Model 1: X1,1/X1,2/X1,3/…X1,1000
Model 2: X2,1/X2,2/X2,3/…X2,1000
Model 3: X3,1/X3,2/X3,3/…X3,1000
Mean model:( (X1,1+X2,1+X3,1)/3 / (X1,2+X2,2+X3,2)/3 /…/ (X1,1000+X2,1000+X3,1000)/3
So now i want to generate points on each model. Which the points size must be fixed(for example 1000 points) and each point should be generated at a similar location.(X1,1 and X2,1 should be place at similar anatomy location)
Therefore for my previous problem i hope to solve it by projecting a set points of a grid plane so that i can achieve my goal.
However, do you have further advices? Thank you so much for your time.
Thanks, this is very useful information. This is a quite common shape analysis task and SlicerMorph and SlicerSalt extensions have very sophisticated tools for it. I would recommend to follow the tutorial created for these extensions.
@lassoan
Thank you so much!
However I’ve tried it but for the point generation part I could not set a fixed size of points.
Do you have any advice about it?
Thank you for your time.
@joanne40226 you are trying to achieve something that as far as I know nobody has achieved to do successfully (and in a repeatable way).

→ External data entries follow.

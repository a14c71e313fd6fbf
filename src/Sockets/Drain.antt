-- ===== src/Sockets/Drain.antt =====
-- internal/service/websocket_manager.go: the handlers give back what they hold.
use mathlib.Core.Path.{subst}
use neo_nect_server.Base.{
  ℕ, ◌≡◌, refl, sym, ap, ◌∙◌, arith, String, false, some, [], ◌∷◌, nat_eq, string_eq, beq_self, inl,
  inr, Option-cases, Assoc, length, lookup, remove,
}
use neo_nect_server.Sockets.{Manager, drop, finish, is_present, is_device_online}
use neo_nect_server.Sockets.Steps.{finished, Reachable, step}
use neo_nect_server.Sockets.Sound.{IsSound}
use neo_nect_server.Sockets.Reached.{Reachable-IsSound}

-- The handlers of the list finish, one after another.
unfoldable pub drain : Assoc ℕ String → Manager → Manager
drain [] m = m
drain ((conn, device_id) ∷ rest) m = drain rest (finish device_id conn m)

head_found :
    (conn : ℕ) (d : String) (rest : Assoc ℕ String) → lookup conn ((conn, d) ∷ rest) ≡ some d
unfolding lookup
head_found conn d rest = rw (beq_self conn) refl

head_removed :
    (conn : ℕ) (d : String) (rest : Assoc ℕ String) → remove conn ((conn, d) ∷ rest) ≡ rest
unfolding remove
head_removed conn d rest = rw (beq_self conn) refl

finish-serving :
    (conn : ℕ) (d : String) (rest : Assoc ℕ String) (m : Manager)
    → m.serving ≡ (conn, d) ∷ rest
    → (finish d conn m).serving ≡ rest
unfolding finish
finish-serving conn d rest m e = rw e (head_removed conn d rest)

finish-upgrading : (conn : ℕ) (d : String) (m : Manager) → (finish d conn m).upgrading ≡ m.upgrading
unfolding finish drop
finish-upgrading conn d m = refl

drain-Reachable :
    (max : ℕ) (serving : Assoc ℕ String) (m : Manager)
    → m.serving ≡ serving
    → Reachable max m
    → Reachable max (drain serving m)
unfolding drain
drain-Reachable max [] m e r = r
drain-Reachable max ((conn, d) ∷ rest) m e r =
    drain-Reachable max rest (finish d conn m) (finish-serving conn d rest m e) (
      step r
        (finished d conn (subst (λ s. lookup conn s ≡ some d) (sym e) (head_found conn d rest))))

drain-serving :
    (serving : Assoc ℕ String) (m : Manager)
    → m.serving ≡ serving
    → ((drain serving m).serving ≡ []) × ((drain serving m).upgrading ≡ m.upgrading)
unfolding drain
drain-serving [] m e = (e, refl)
drain-serving ((conn, d) ∷ rest) m e =
    let (none_left, same) = drain-serving rest (finish d conn m) (finish-serving conn d rest m e) in
    (none_left, same ∙ finish-upgrading conn d m)

no_session :
    (max : ℕ) (d : String) (m : Manager)
    → m.serving ≡ []
    → IsSound max m
    → is_device_online d m ≡ false
unfolding is_device_online is_present lookup
no_session max d m e s = elim (Option-cases (lookup d m.active_sessions)) [
  | inl off ↦ rw off refl
  | inr (conn, on) ↦
      let read = subst (λ xs. lookup conn xs ≡ some d) e (s.served d conn on) in absurd cc
]

-- In every state that the goroutines of the manager reach, once each of the handlers that read a
-- connection has finished, the semaphore counts only the handlers that are still upgrading, and no
-- device is online.
pub drain_all :
    (max : ℕ) (m : Manager)
    → Reachable max m
    → ((drain m.serving m).conn_sem ≡ m.upgrading)
      × ((d : String) → is_device_online d (drain m.serving m) ≡ false)
drain_all max m r =
    let (none_left, same) = drain-serving m.serving m refl in
    let s = Reachable-IsSound max (drain-Reachable max m.serving m refl r) in
    (
      omega (arith, s.held, same, ap length none_left),
      λ d. no_session max d (drain m.serving m) none_left s,
    )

Even if you can create identical number of points on them, there is no guarantee that these points will correspond correctly (anatomically speaking) and averaging them may not give an accurate representation.

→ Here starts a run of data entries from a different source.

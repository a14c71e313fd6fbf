-- ===== src/Sockets/Tests.antt =====
-- Runs of internal/service/websocket_manager.go: a phone that connects twice, with room for three.
use neo_nect_server.Base.{
  suc, ◌≡◌, refl, String, true, false, nat_eq, string_eq, lookup, insert, any,
}
use neo_nect_server.Sockets.{Manager, init, acquire, install, replaced, is_closed, is_device_online}
use neo_nect_server.Sockets.Steps.{Reachable, new, step, acquired, installed}
use neo_nect_server.Sockets.Sound.{IsSound}
use neo_nect_server.Sockets.Reached.{Reachable-IsSound}
use neo_nect_server.Sockets.Drain.{drain, drain_all}

abbrev waiting : Manager → Manager
waiting m = record m { conn_sem = suc m.conn_sem; upgrading = suc m.upgrading }

abbrev phone_twice : Manager
phone_twice = install "phone" (waiting (install "phone" (waiting init)))

phone_twice-Reachable : Reachable 3 phone_twice
unfolding acquire install
phone_twice-Reachable =
    step (step (step (step new (acquired refl)) (installed 0 "phone" refl)) (acquired refl))
      (installed 0 "phone" refl)

first_closed : is_closed 0 phone_twice ≡ true
unfolding install replaced lookup insert any
first_closed = refl

Reachable-IsSound_example : IsSound 3 phone_twice
Reachable-IsSound_example = Reachable-IsSound 3 phone_twice-Reachable

drain_all_example :
    ((drain phone_twice.serving phone_twice).conn_sem ≡ phone_twice.upgrading)
    × ((d : String) → is_device_online d (drain phone_twice.serving phone_twice) ≡ false)
drain_all_example = drain_all 3 phone_twice phone_twice-Reachable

Typically one uses deformable registration to project all these shapes into a common coordinate system, do the averaging there and then sample the grid on the average model and inverse the deformation to map the grid points created on the average model to the subjects.
You can sort of replicate this pipeline in ALPACA (SLicerMorph extension). You will start with one sample (as opposed to the mean), create your grid points. Then use ALPACA to transfer those points to the remaining samples. To create the mean model, you can take this set of points (that now exists for all your samples), feed them into the GPA and estimate a mean shape. You can then assign one of your samples as a reference sample and deform it to this mean shape, and export it as a model.
You can find our tutorials at GitHub - SlicerMorph/Tutorials: SlicerMorph module tutorials. The relevant modules to look at are ALPACA and GPA. How to cite section of main repo shows the papers published on these models, they may come in handy to understand.
ANother alternative is a different extension called Auto3DGM that tries to create points and correspondence at the same time. It is typically used for evolutionary studies, where correspondences are hard to pin down. I think their repository also lists some papers that explain the method along with what groups that it has been applied to. After the AUto3DGM creates these points, you can repeat the GPA step I described above to create your mean model.
When you are working with GPA make sure to check “Skip Scaling” during GPA alignment, so that the final mean shape is in physical coordinates (as opposed to being in procrustes coordinates).